**WHAT TO DO:** In the data below, find the line that contains "unfoldable pub pure : A → Action A" and the line that contains "-- The database's". Copy both, plus every line between them, exactly.

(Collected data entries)
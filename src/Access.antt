-- ===== src/Access.antt =====
-- apps/api/src/modules/access/access-decision.ts: the authorisation chain of an access check, a pure
-- function of a snapshot.
pub mod Chain
pub mod Week
pub mod Check
pub mod Record
pub mod Attendances
pub mod Entries
pub mod Admission
mod Tests
use pulso_crm.Prelude.{
  ℕ, Bool, true, false, not, Option, none, some, List, ◌&&◌, ◌||◌, leb, includes, if◌then◌else◌,
}
use pulso_crm.Calendar.{Date, before}
use pulso_crm.Store.{
  MemberStatus, MembershipStatus, AccessDecision, allowed, denied, AccessReason, member_not_found,
  member_inactive, no_membership, membership_cancelled, membership_expired, debt_blocked,
  branch_not_allowed, no_classes_remaining, weekly_limit_reached, medical_clearance_expired,
  duplicate_window, access_ok,
}

pub record MemberSnapshot : Type 0 where
  pub id : ℕ
  pub status : MemberStatus
  pub has_outstanding_debt : Bool
  pub medical_clearance_until : Option Date

pub record MembershipSnapshot : Type 0 where
  pub id : ℕ
  pub status : MembershipStatus
  pub end_date : Option Date
  pub classes_remaining : Option ℕ

pub record PlanSnapshot : Type 0 where
  pub id : ℕ
  pub weekly_access_limit : Option ℕ
  pub allowed_branch_ids : Option (List ℕ)

pub record AttendanceSnapshot : Type 0 where
  pub exists_today : Bool
  pub distinct_days_this_week_excluding_today : ℕ

-- `AccessCheckSnapshot`, less its empty `config`.
pub record Snapshot : Type 0 where
  pub branch_id : ℕ
  pub today : Date
  pub member : Option MemberSnapshot
  pub membership : Option MembershipSnapshot
  pub plan : Option PlanSnapshot
  pub attendance : AttendanceSnapshot

-- `AccessDecisionResult`, less the text for the user.
pub record Verdict : Type 0 where
  pub decision : AccessDecision
  pub reason : AccessReason

abbrev pub allow : AccessReason → Verdict
allow r = record { decision = allowed; reason = r }

abbrev pub deny : AccessReason → Verdict
deny r = record { decision = denied; reason = r }

abbrev pub is_active_member : MemberStatus → Bool
is_active_member MemberStatus.active = true
is_active_member MemberStatus.inactive = false

abbrev pub is_active_membership : MembershipStatus → Bool
is_active_membership MembershipStatus.active = true
is_active_membership other = false

abbrev pub is_cancelled : MembershipStatus → Bool
is_cancelled MembershipStatus.cancelled = true
is_cancelled other = false

-- `date !== null && date < today`.
abbrev pub is_past : Option Date → Date → Bool
is_past none today = false
is_past (some d) today = before d today

-- `allowed !== null && !allowed.includes(branchId)`.
abbrev pub excludes_branch : Option (List ℕ) → ℕ → Bool
excludes_branch none branch_id = false
excludes_branch (some ids) branch_id = not (includes branch_id ids)

-- `remaining !== null && remaining <= 0`.
abbrev pub is_used_up : Option ℕ → Bool
is_used_up none = false
is_used_up (some n) = leb n 0

-- `limit !== null && days >= limit`.
abbrev pub reaches_limit : Option ℕ → ℕ → Bool
reaches_limit none days = false
reaches_limit (some limit) days = leb limit days

-- The chain from the first test of the membership on.
pub evaluate_membership : MemberSnapshot → MembershipSnapshot → PlanSnapshot → Snapshot → Verdict
evaluate_membership member membership plan s =
    if is_cancelled membership.status
    then deny membership_cancelled
    else if not (is_active_membership membership.status) || is_past membership.end_date s.today
    then deny membership_expired
    else if member.has_outstanding_debt
    then deny debt_blocked
    else if excludes_branch plan.allowed_branch_ids s.branch_id
    then deny branch_not_allowed
    else if is_used_up membership.classes_remaining
    then deny no_classes_remaining
    else if reaches_limit plan.weekly_access_limit
        s.attendance.distinct_days_this_week_excluding_today
    then deny weekly_limit_reached
    else if is_past member.medical_clearance_until s.today
    then deny medical_clearance_expired
    else if s.attendance.exists_today
    then allow duplicate_window
    else allow access_ok

-- `if (!membership || !plan)`.
pub evaluate_plan :
    MemberSnapshot → Option MembershipSnapshot → Option PlanSnapshot → Snapshot → Verdict
unfolding evaluate_membership
evaluate_plan member none plan s = deny no_membership
evaluate_plan member (some membership) none s = deny no_membership
evaluate_plan member (some membership) (some plan) s = evaluate_membership member membership plan s

evaluate_member : Option MemberSnapshot → Snapshot → Verdict
unfolding evaluate_plan
evaluate_member none s = deny member_not_found
evaluate_member (some member) s =
    if not (is_active_member member.status)
    then deny member_inactive
    else evaluate_plan member s.membership s.plan s

-- `evaluateAccess`.
pub evaluate_access : Snapshot → Verdict
unfolding evaluate_member
evaluate_access s = evaluate_member s.member s
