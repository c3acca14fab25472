-- ===== src/Store/Action.antt =====
-- A transaction: it reads and writes the rows and ends with a value, or throws. An error carries no
-- rows, since PostgreSQL rolls the transaction back. Transactions run one after another: the code
-- takes row locks (`FOR UPDATE`) or `SERIALIZABLE` for that.
pub mod Run
pub mod Frame
use pulso_crm.Prelude.{
  ℕ, ◌+◌, Bool, true, false, Option, none, some, [], ◌∷◌, ◌++◌, List, Result, ok, err, Error,
  if◌then◌else◌,
}
use pulso_crm.Store.{Db, AuditEvent, AuditAction}

abbrev pub Action {ℓ} : Type ℓ → Type ℓ
Action A = Db → Result (A × Db)

module _ {ℓ} {A : Type ℓ} where
  unfoldable pub pure : A → Action A
  pure a db = ok (a, db)

  unfoldable pub throw : Error → Action A
  throw e db = err e

  -- A read.
  unfoldable pub gets : (Db → A) → Action A
  gets f db = ok (f db, db)

  -- A result that needs no database.
  unfoldable pub lift : Result A → Action A
  lift (ok a) db = ok (a, db)
  lift (err e) db = err e

  -- `if (!row) throw e`.
  unfoldable pub require : Option A → Error → Action A
  require none e db = err e
  require (some a) e db = ok (a, db)

-- A write.
unfoldable pub modify : (Db → Db) → Action (Unit {0})
modify f db = ok (tt, f db)

-- `if (test) throw e`.
unfoldable pub throw_when : Bool → Error → Action (Unit {0})
throw_when true e db = err e
throw_when false e db = ok (tt, db)

infixl 5 ◌>>=◌ ◌>>◌
unfoldable pub ◌>>=◌ {ℓ κ} : {A : Type ℓ} {B : Type κ} → Action A → (A → Action B) → Action B
◌>>=◌ m f db = elim (m db) [ ok (a, db') ↦ f a db' | err e ↦ err e ]

abbrev pub ◌>>◌ {κ} : {B : Type κ} → Action (Unit {0}) → Action B → Action B
m >> k = m >>= λ _. k

-- The database's `@default(uuid(7))`.
unfoldable pub fresh : Action ℕ
fresh db = ok (db.next_id, record db { next_id = db.next_id + 1 })

-- `audit.recordIn(tx, …)` and `tx.auditEvent.create`.
unfoldable pub record_audit : AuditAction → ℕ → Option ℕ → Action (Unit {0})
record_audit action resource_id branch_id db = ok (
  tt,
  record db {
    audit =
        db.audit
        ++ (record { action = action; resource_id = resource_id; branch_id = branch_id }) ∷ [];
  },
)

-- A test of an action: its value and rows, if it does not throw.
abbrev pub outcome {ℓ} : {A : Type ℓ} → Result (A × Db) → Option (A × Db)
outcome (ok r) = some r
outcome (err e) = none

**TASK OUTPUT:**
  unfoldable pub pure : A → Action A
  pure a db = ok (a, db)

  unfoldable pub throw : Error → Action A
  throw e db = err e

  -- A read.
  unfoldable pub gets : (Db → A) → Action A
  gets f db = ok (f db, db)

  -- A result that needs no database.
  unfoldable pub lift : Result A → Action A
  lift (ok a) db = ok (a, db)
  lift (err e) db = err e

  -- `if (!row) throw e`.
  unfoldable pub require : Option A → Error → Action A
  require none e db = err e
  require (some a) e db = ok (a, db)

-- A write.
unfoldable pub modify : (Db → Db) → Action (Unit {0})
modify f db = ok (tt, f db)

-- `if (test) throw e`.
unfoldable pub throw_when : Bool → Error → Action (Unit {0})
throw_when true e db = err e
throw_when false e db = ok (tt, db)

infixl 5 ◌>>=◌ ◌>>◌
unfoldable pub ◌>>=◌ {ℓ κ} : {A : Type ℓ} {B : Type κ} → Action A → (A → Action B) → Action B
◌>>=◌ m f db = elim (m db) [ ok (a, db') ↦ f a db' | err e ↦ err e ]

abbrev pub ◌>>◌ {κ} : {B : Type κ} → Action (Unit {0}) → Action B → Action B
m >> k = m >>= λ _. k

-- The database's `@default(uuid(7))`.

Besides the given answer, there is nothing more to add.